## Exercise
Copy word for word, and only, the lines below from the one with "(ltb 0 (length c.shards) && leb ways (length s.slots)) _" through the last.

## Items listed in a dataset
Content starts

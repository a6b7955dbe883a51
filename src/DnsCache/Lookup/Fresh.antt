-- ===== src/DnsCache/Lookup/Fresh.antt =====
-- What `lookup` serves: an entry of the asked key that is fresh enough.
use dimsum.Prelude.{
  ℕ, zero, suc, ◌+◌, ◌-◌, ◌*◌, ◌/◌, ◌%◌, ◌≤◌, ◌<◌, ◌≡◌, refl, sym, ap, ◌∙◌, subst, ◌⊎◌, inl, inr,
  Bool, true, false, ◌&&◌, ◌||◌, not, some, List, arith, ltb, leb, lt→ltb, le→leb, ◌==◌,
  if◌then◌else◌, Bool-cases, Option-cases, length, set, take, drop, take-take, Result, ok, Returns,
  Returns-bind, Returns-if, Returns-weaken,
}
use dimsum.Prelude.Bytes.{
  slice, word, slice_lem, u16-word, u32-word, span, length-span, bytes_eq, bytes_eq_iff,
}
use dimsum.DnsWire.Errors.{WireError}
use dimsum.DnsWire.Message.{Message}
use dimsum.DnsWire.Build.{put32, overwrite}
use dimsum.DnsWire.Build.Layout.{
  length-overwrite, word-overwrite_before, write16, put16_lem, length-write16, word-write16,
  word-write16_outside,
}
use dimsum.DnsCache.Arena.{ways, Slot, Shard, slot_at, age}
use dimsum.DnsCache.Key.{Key}
use dimsum.DnsCache.Put.{stored_key}
use dimsum.DnsCache.Lookup.{
  serve_aged, CacheResult, miss, client_flags, patch_ttls, write_reply, Served, serve, scan_bucket,
}

-- The slot is empty, or its blob is inside the arena and holds a key, a message and patches of TTLs
-- behind the message's header.
abbrev pub IsPatch : ℕ → List ℕ → ℕ → Type 0
IsPatch size table j = (12 ≤ word table (j * 8)) × (word table (j * 8) + 4 ≤ size)

abbrev pub blob_of : Shard → Slot → List ℕ
blob_of s x = span s.arena x.offset (x.offset + x.allocated)

abbrev pub table_of : Slot → List ℕ → List ℕ
table_of x blob = span blob (x.key_len + x.message_len) (length blob)

pub record IsReadable (s : Shard) (x : Slot) : Type 0 where
  pub inside : x.offset + x.allocated ≤ length s.arena
  pub room : x.key_len + x.message_len + x.patches * 8 ≤ x.allocated
  pub header : 12 ≤ x.message_len
  pub patches : (j : ℕ) → j < x.patches → IsPatch x.message_len (table_of x (blob_of s x)) j

-- The first twelve bytes hold the identifier, and the length is kept.
abbrev Identified : ℕ → ℕ → List ℕ → Type 0
Identified n id p = (length p ≡ n) × (word p 0 ≡ id % 65536)

put32-Identified :
    (n id : ℕ) (p : List ℕ) (off v : ℕ)
    → Identified n id p
    → 12 ≤ off
    → off + 4 ≤ n
    → Returns (Identified n id) (put32 p off v)
unfolding put32
put32-Identified n id p off v h lo hi =
    let a = write16 p off (v / 65536 % 65536) in
    let one = put16_lem p off (v / 65536 % 65536) (omega (arith, h.0)) in
    let a_len = length-write16 p off (v / 65536 % 65536) in
    let two = put16_lem a (off + 2) (v % 65536) (omega (arith, h.0, a_len)) in
    rw (one, two)
      (
        length-write16 a (off + 2) (v % 65536) ∙ a_len ∙ h.0,
        word-write16_outside a (off + 2) (v % 65536) 0 (inl (omega arith))
            ∙ word-write16_outside p off (v / 65536 % 65536) 0 (inl (omega arith))
            ∙ h.1,
      )

patch_ttls-Identified :
    (rounds n id : ℕ) (p table : List ℕ) (j elapsed : ℕ) (stale : Bool) (stale_ttl : ℕ)
    → Identified n id p
    → (j + rounds) * 8 ≤ length table
    → ((i : ℕ) → i < j + rounds → IsPatch n table i)
    → Returns (Identified n id) (patch_ttls rounds p table j elapsed stale stale_ttl)
unfolding patch_ttls
patch_ttls-Identified zero n id p table j elapsed stale stale_ttl h fits patches = h
patch_ttls-Identified (suc rounds) n id p table j elapsed stale stale_ttl h fits patches =
    let w = patches j (omega arith) in
    let off = u16-word {E = WireError} table (j * 8) (omega arith) in
    let ttl = u32-word {E = WireError} table (j * 8 + 4) (omega arith) in
    rw (off, ttl)
      (Returns-bind (Identified n id) (Identified n id) (put32 p (word table (j * 8)) _) _
        (put32-Identified n id p (word table (j * 8)) _ h (w.0) (w.1))
        λ q e k.
          patch_ttls-Identified rounds n id q table (j + 1) elapsed stale stale_ttl k (omega arith)
            (λ i lt. patches i (omega arith)))

length-blob : (s : Shard) (x : Slot) → IsReadable s x → length (blob_of s x) ≡ x.allocated
length-blob s x r =
    omega (
      arith,
      r.inside,
      length-span s.arena x.offset (x.offset + x.allocated) (omega arith) r.inside,
    )

write_reply-Identified :
    (s : Shard) (x : Slot) (dst : List ℕ) (request : Message) (elapsed : ℕ) (stale : Bool)
    (stale_ttl : ℕ)
    → IsReadable s x
    → x.message_len ≤ length dst
    → Returns
        (Identified (length dst) request.question.header.id)
        (write_reply dst request (blob_of s x) x elapsed stale stale_ttl)
unfolding write_reply
write_reply-Identified s x dst request elapsed stale stale_ttl r enough =
    let blob = blob_of s x in
    let n = length-blob s x r in
    let mid = x.key_len + x.message_len in
    let id = request.question.header.id in
    let cut =
      slice_lem {E = WireError} blob x.key_len mid (omega arith) (omega (arith, n, r.room)) in
    let a = overwrite dst 0 (span blob x.key_len mid) in
    let a_len = length-overwrite dst 0 (span blob x.key_len mid) in
    let one = put16_lem a 0 id (omega (arith, a_len, r.header)) in
    let b = write16 a 0 id in
    let b_len = length-write16 a 0 id in
    let read = u16-word {E = WireError} b 2 (omega (arith, a_len, b_len, r.header)) in
    let flags = client_flags (word b 2) request.question.header.flags in
    let two = put16_lem b 2 flags (omega (arith, a_len, b_len, r.header)) in
    let c = write16 b 2 flags in
    let c_len = length-write16 b 2 flags in
    let rest =
      slice_lem {E = WireError} blob mid (length blob) (omega (arith, n, r.room)) (omega arith) in
    let d = overwrite c 12 request.question.name.wire in
    let d_len = length-overwrite c 12 request.question.name.wire in
    let id_kept : word d 0 ≡ id % 65536 =
      word-overwrite_before c 12 request.question.name.wire 0 (omega arith)
      ∙ word-write16_outside b 2 flags 0 (inl (omega arith))
      ∙ word-write16 a 0 id (omega (arith, a_len, r.header)) in
    let table_len : length (table_of x blob) ≡ length blob - mid =
      length-span blob mid (length blob) (omega (arith, n, r.room)) (omega arith) in
    let wide : leb 12 (length c) ≡ true =
      le→leb 12 (length c) (omega (arith, a_len, b_len, c_len, r.header)) in
    rw (cut, one, read, two, wide, rest)
      (patch_ttls-Identified x.patches (length dst) id d (table_of x blob) 0 elapsed stale stale_ttl
        (d_len ∙ c_len ∙ b_len ∙ a_len, id_kept) (omega (arith, table_len, n, r.room))
        (λ j lt. let w = r.patches j (omega arith) in (w.0, omega (arith, w.1))))

-- A hit on slot `x`: its age decides whether it is fresh, or stale and still allowed.
abbrev pub FreshEnough : Slot → ℕ → ℕ → CacheResult → Type 0
FreshEnough x now max_stale r =
    (elapsed : ℕ) × (age now x.inserted ≡ some elapsed)
    × (((r.stale ≡ false) × (elapsed < x.lifetime))
        ⊎ ((r.stale ≡ true)
            × (x.negative ≡ false)
            × (r.stale_age ≡ elapsed - x.lifetime)
            × (r.stale_age < max_stale)))

abbrev pub Reply : Slot → Message → List ℕ → ℕ → ℕ → Served → Type 0
Reply x request dst now max_stale (s', dst', r) =
    ((r ≡ miss) × (dst' ≡ dst))
    ⊎ ((r.hit ≡ true)
        × (r.size ≡ x.message_len)
        × (r.size ≤ length dst)
        × (r.negative ≡ x.negative)
        × Identified (length dst) request.question.header.id dst'
        × FreshEnough x now max_stale r)

serve_aged-Reply :
    (s : Shard) (i : ℕ) (request : Message) (dst : List ℕ) (now elapsed max_stale stale_ttl : ℕ)
    → IsReadable s (slot_at s i)
    → age now (slot_at s i).inserted ≡ some elapsed
    → Returns
        (Reply (slot_at s i) request dst now max_stale)
        (serve_aged s i request dst (blob_of s (slot_at s i)) elapsed max_stale stale_ttl)
unfolding serve_aged
serve_aged-Reply s i request dst now elapsed max_stale stale_ttl r e =
    let x = slot_at s i in
    let P = Reply x request dst now max_stale in
    let stale = leb x.lifetime elapsed in
    let stale_age = if stale then elapsed - x.lifetime else 0 in
    Returns-if P (stale && (x.negative || leb max_stale stale_age)) _ _ (λ _. inl (refl, refl))
      λ usable.
        Returns-if P (ltb (length dst) x.message_len) _ _ (λ _. inl (refl, refl))
          λ enough.
            let result : CacheResult = record {
              hit = true;
              negative = x.negative;
              stale = stale;
              stale_age = stale_age;
              size = x.message_len;
            } in
            let fresh : FreshEnough x now max_stale result = (
              elapsed,
              e,
              elim (Bool-cases stale) [
                | inl t ↦ inr (t, ground arith, ground arith, ground arith)
                | inr f ↦ inl (f, ground arith)
              ],
            ) in
            let kept : Shard = record s {
              slots = set s.slots i (record x { referenced = true });
            } in
            let last : List ℕ → Result WireError Served = λ p. ok (kept, p, result) in
            Returns-bind P (Identified (length dst) request.question.header.id)
              (write_reply dst request (blob_of s x) x elapsed stale stale_ttl) last
              (write_reply-Identified s x dst request elapsed stale stale_ttl r (ground arith))
              λ p h k. inr (refl, refl, ground arith, refl, k, fresh)

serve-Reply :
    (s : Shard) (i : ℕ) (request : Message) (dst : List ℕ) (now max_stale stale_ttl : ℕ)
    → IsReadable s (slot_at s i)
    → Returns
        (Reply (slot_at s i) request dst now max_stale)
        (serve s i request dst (blob_of s (slot_at s i)) now max_stale stale_ttl)
unfolding serve
serve-Reply s i request dst now max_stale stale_ttl r =
    let x = slot_at s i in
    let P = Reply x request dst now max_stale in
    let blob = blob_of s x in
    elim (Option-cases (age now x.inserted)) [
      | inl e ↦
          let q : serve s i request dst blob now max_stale stale_ttl ≡ ok (s, dst, miss) = cc in
          subst (Returns P) (sym q) (inl (refl, refl))
      | inr (elapsed, e) ↦
          let q : serve s i request dst blob now max_stale stale_ttl
              ≡ serve_aged s i request dst blob elapsed max_stale stale_ttl =
            cc in
          subst (Returns P) (sym q)
            (serve_aged-Reply s i request dst now elapsed max_stale stale_ttl r e)
    ]

-- A miss, or a reply from a slot of the bucket that holds the asked key.
abbrev pub Looked : Shard → ℕ → Key → ℕ → Message → List ℕ → ℕ → ℕ → Served → Type 0
Looked s first k hash request dst now max_stale out =
    ((out.2 ≡ miss) × (out.1 ≡ dst))
    ⊎ ((i : ℕ) × (first ≤ i)
        × (i < first + ways)
        × (0 < (slot_at s i).allocated)
        × ((slot_at s i).hash ≡ hash)
        × (stored_key s (slot_at s i) ≡ take k.size k.bytes)
        × Reply (slot_at s i) request dst now max_stale out)

key_of_blob :
    (s : Shard) (x : Slot) → IsReadable s x → span (blob_of s x) 0 x.key_len ≡ stored_key s x
key_of_blob s x r =
    let a : x.key_len - 0 ≡ x.key_len = omega arith in
    let b : x.offset + x.allocated - x.offset ≡ x.allocated = omega arith in
    let c : x.offset + x.key_len - x.offset ≡ x.key_len = omega arith in
    rw (a, b, c) (take-take x.key_len x.allocated (drop x.offset s.arena) (omega (arith, r.room)))

pub scan_bucket-Looked :
    (rounds : ℕ) (s : Shard) (first i : ℕ) (k : Key) (hash : ℕ) (request : Message) (dst : List ℕ)
    (now max_stale stale_ttl : ℕ)
    → ((j : ℕ) → ((slot_at s j).allocated ≡ 0) ⊎ IsReadable s (slot_at s j))
    → first ≤ i
    → i + rounds ≤ first + ways
    → first + ways ≤ length s.slots
    → Returns
        (Looked s first k hash request dst now max_stale)
        (scan_bucket rounds s i k hash request dst now max_stale stale_ttl)
unfolding scan_bucket
scan_bucket-Looked zero s first i k hash request dst now max_stale stale_ttl h lo hi fits =
    inl (refl, refl)
scan_bucket-Looked (suc rounds) s first i k hash request dst now max_stale stale_ttl h lo hi fits =
    let x = slot_at s i in
    let P = Looked s first k hash request dst now max_stale in
    let rest =
      scan_bucket-Looked rounds s first (i + 1) k hash request dst now max_stale stale_ttl h
        (omega arith) (omega arith) fits in
    let here : ltb i (length s.slots) ≡ true = lt→ltb i (length s.slots) (omega arith) in
    elim (Bool-cases (x.allocated == 0 || not (x.hash == hash) || not (x.key_len == k.size))) [
      | inl other ↦
          let q : scan_bucket (suc rounds) s i k hash request dst now max_stale stale_ttl
              ≡ scan_bucket rounds s (i + 1) k hash request dst now max_stale stale_ttl =
            cc in
          subst (Returns P) (sym q) rest
      | inr same ↦
          let live : 0 < x.allocated = ground arith in
          let r : IsReadable s x = elim (h i) [ inl z ↦ absurd (omega (arith, z)) | inr r ↦ r ] in
          let blob = blob_of s x in
          let own = stored_key s x in
          let cut : slice {E = WireError} s.arena x.offset (x.offset + x.allocated) ≡ ok blob =
            slice_lem s.arena x.offset (x.offset + x.allocated) (omega arith) r.inside in
          let key : slice {E = WireError} blob 0 x.key_len ≡ ok own =
            slice_lem blob 0 x.key_len (omega arith) (omega (arith, length-blob s x r, r.room))
            ∙ ap ok (key_of_blob s x r) in
          elim (Bool-cases (bytes_eq own (take k.size k.bytes))) [
            | inl hit ↦
                let q : scan_bucket (suc rounds) s i k hash request dst now max_stale stale_ttl
                    ≡ serve s i request dst blob now max_stale stale_ttl =
                  cc in
                let same_hash : x.hash ≡ hash = ground arith in
                subst (Returns P) (sym q) (
                  Returns-weaken (Reply x request dst now max_stale) P
                    (serve s i request dst blob now max_stale stale_ttl)
                    (serve-Reply s i request dst now max_stale stale_ttl r)
                    (λ out w. inr (
                      i,
                      lo,
                      omega arith,
                      live,
                      same_hash,
                      (bytes_eq_iff own (take k.size k.bytes)).0 hit,
                      w,
                    )))
            | inr no_hit ↦
                let q : scan_bucket (suc rounds) s i k hash request dst now max_stale stale_ttl
                    ≡ scan_bucket rounds s (i + 1) k hash request dst now max_stale stale_ttl =
                  cc in
                subst (Returns P) (sym q) rest
          ]
    ]
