-- ===== src/DnsCache/Lookup/Serves.antt =====
-- `lookup` on the whole cache.
use dimsum.Prelude.{
  ◌&&◌, ◌+◌, ◌≤◌, ◌<◌, ltb, leb, in_range, Returns-in_range, ℕ, ◌/◌, ◌%◌, ◌≡◌, refl, ◌⊎◌, inl, Bool,
  ◌||◌, not, List, arith, length, set, Result, ok, Returns, Returns-bind, Returns-if,
}
use dimsum.DnsWire.Errors.{WireError}
use dimsum.DnsWire.Message.{Message}
use dimsum.DnsCache.Arena.{ways, Shard, slot_at, bucket}
use dimsum.DnsCache.Key.{Key, is_valid, new_key}
use dimsum.DnsCache.Put.{Cache, shard_at}
use dimsum.DnsCache.Lookup.{CacheResult, miss, word64, same_key, scan_bucket, Served, lookup}
use dimsum.DnsCache.Lookup.Fresh.{IsReadable, Looked, scan_bucket-Looked}
use native.Mathlib.Nat.{mod-lt}

-- The shard of a hash.
abbrev pub home : Cache → ℕ → Shard
home c hash = shard_at c (hash % length c.shards)

abbrev pub CacheLooked :
    Cache → Key → Message → List ℕ → ℕ → ℕ → ℕ → Cache × List ℕ × CacheResult → Type 0
CacheLooked c k request dst now hash max_stale (c', dst', r) =
    Looked (home c hash) (bucket (home c hash) (hash / length c.shards)) k hash request dst now
      max_stale (home c hash, dst', r)

-- Every slot of a bucket is in the table.
bucket_inside : (s : Shard) (h : ℕ) → ways ≤ length s.slots → bucket s h + ways ≤ length s.slots
unfolding bucket
bucket_inside s h enough =
    let n = length s.slots / ways in
    let pos : 0 < n = omega arith in let r : h % n < n = mod-lt h pos in omega (arith, r)

-- `lookup` ends without a panic, whatever the client's buffer. A miss leaves the buffer as it was.
-- A hit comes from a live slot of the key's bucket that holds the hash and the bytes of the asked
-- key. It fits the buffer and has the client's identifier. It is fresh (its age is below its
-- lifetime) or it is marked as stale, is no negative answer, and expired less than `max_stale`
-- seconds ago. Every live slot of the shard is readable: its blob is inside the arena, and has room
-- for its key, its message and its patches, which are behind the message's header. The cache has a
-- shard, and the shard of the hash has slots for a bucket.
pub lookup-CacheLooked :
    (c : Cache) (k : Key) (request : Message) (dst : List ℕ) (now hash max_stale stale_ttl : ℕ)
    → ((j : ℕ)
        → ((slot_at (home c hash) j).allocated ≡ 0)
          ⊎ IsReadable (home c hash) (slot_at (home c hash) j))
    → 0 < length c.shards
    → ways ≤ length (home c hash).slots
    → Returns
        (CacheLooked c k request dst now hash max_stale)
        (lookup c k request dst now hash max_stale stale_ttl)
unfolding lookup
lookup-CacheLooked c k request dst now hash max_stale stale_ttl h some_shard enough =
    let s = home c hash in
    let first = bucket s (hash / length c.shards) in
    let P = CacheLooked c k request dst now hash max_stale in
    let last : Served → Result WireError (Cache × List ℕ × CacheResult) =
      λ r. ok (record c { shards = set c.shards (hash % length c.shards) (r.0) }, r.1, r.2) in
    let refused : Bool =
      not (is_valid k)
      || not (
          same_key (new_key request (word64 k.bytes 0) (word64 k.bytes 8) (word64 k.bytes 16)) k) in
    Returns-if P refused (ok (c, dst, miss)) _ (λ _. inl (refl, refl))
      λ valid.
        Returns-bind P (Looked s first k hash request dst now max_stale)
          (in_range (ltb 0 (length c.shards) && leb ways (length s.slots))
            (scan_bucket ways s first k hash request dst now max_stale stale_ttl))
          last
          (Returns-in_range (Looked s first k hash request dst now max_stale)
            (ltb 0 (length c.shards) && leb ways (length s.slots)) _ (ground arith)
            (scan_bucket-Looked ways s first first k hash request dst now max_stale stale_ttl h
              (omega arith) (omega arith) (bucket_inside s (hash / length c.shards) enough)))
          λ r e w. w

Content ends

## Output below
            (ltb 0 (length c.shards) && leb ways (length s.slots)) _ (ground arith)
            (scan_bucket-Looked ways s first first k hash request dst now max_stale stale_ttl h
              (omega arith) (omega arith) (bucket_inside s (hash / length c.shards) enough)))
          λ r e w. w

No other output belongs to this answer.